Task brief →
From the records below, set down exactly the lines starting with the line that contains "abbrev pub IsOnTime" and going on through the line that contains "IsOnTime (if bytes_eq". Nothing else is wanted.

------------------------------------------------

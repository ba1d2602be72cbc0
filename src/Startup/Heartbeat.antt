-- ===== src/Startup/Heartbeat.antt =====
-- A node that keeps announcing itself (agente_c/src/main.c) in the table of another agent, which hears
-- others too and purges its table in each round of its own `broadcast_loop`.
use tp_sist_op.Prelude.{ℕ, ◌≤◌, List, [], ◌∷◌, some, ◌≡◌, length, if◌then◌else◌, bytes_eq}
use tp_sist_op.Prelude.Int.{ℤ, pos, ◌-ℤ◌, ◌≤ℤ◌}
use tp_sist_op.Hash.{IsTable}
use tp_sist_op.Nodes.{NodeEntry}
use tp_sist_op.Nodes.Purge.{node_of, announced}
use tp_sist_op.Manager.{ResourceManager}
use tp_sist_op.Manager.Dispatch.{receive_announce}
use tp_sist_op.Startup.{Config, BroadcastCalls, announce_msg, broadcast_round}

-- What happens to the table: a datagram is heard, with its sender and the time, or a round begins.
pub data Tick : Type 0 where
  heard : List ℕ → List ℕ → ℤ → Tick
  round : Config → BroadcastCalls → ℤ → Tick

abbrev pub tick : ResourceManager → Tick → ResourceManager
tick m (heard ip text now) = receive_announce ip text now m
tick m (round own calls now) = (broadcast_round own calls now m).1

abbrev pub ticks : ResourceManager → List Tick → ResourceManager
ticks m [] = m
ticks m (t ∷ ts) = ticks (tick m t) ts

module _ (cfg : Config) (ip : List ℕ) where
  -- When the node was heard last.
  abbrev pub last_heard : ℤ → List Tick → ℤ
  last_heard last [] = last
  last_heard last (heard from text now ∷ ts) =
      last_heard (if bytes_eq from ip then now else last) ts
  last_heard last (round own calls now ∷ ts) = last_heard last ts

  -- What comes from the node is its announcement, any other text comes from an IP that fits its
  -- buffer, and at most 15 seconds pass from an announcement of the node to a round after it.
  abbrev pub IsOnTime : ℤ → List Tick → Type 0
  IsOnTime last [] = Unit
  IsOnTime last (heard from text now ∷ ts) =
      (length from ≤ 15)
      × (from ≡ ip → text ≡ announce_msg cfg)
      × IsOnTime (if bytes_eq from ip then now else last) ts
  IsOnTime last (round own calls now ∷ ts) = (now -ℤ last ≤ℤ pos 15) × IsOnTime last ts

  abbrev pub entry : ℤ → NodeEntry
  entry now = announced ip cfg.port cfg.cpu cfg.mem cfg.gpu now

  -- The table knows the node, as it was heard last.
  pub record Knows (m : ResourceManager) (last : ℤ) : Type 0 where
    pub width : IsTable m.nodos
    pub known : node_of m.nodos ip ≡ some (entry last)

------------------------------------------------

Response to the task →
  abbrev pub IsOnTime : ℤ → List Tick → Type 0
  IsOnTime last [] = Unit
  IsOnTime last (heard from text now ∷ ts) =
      (length from ≤ 15)
      × (from ≡ ip → text ≡ announce_msg cfg)
      × IsOnTime (if bytes_eq from ip then now else last) ts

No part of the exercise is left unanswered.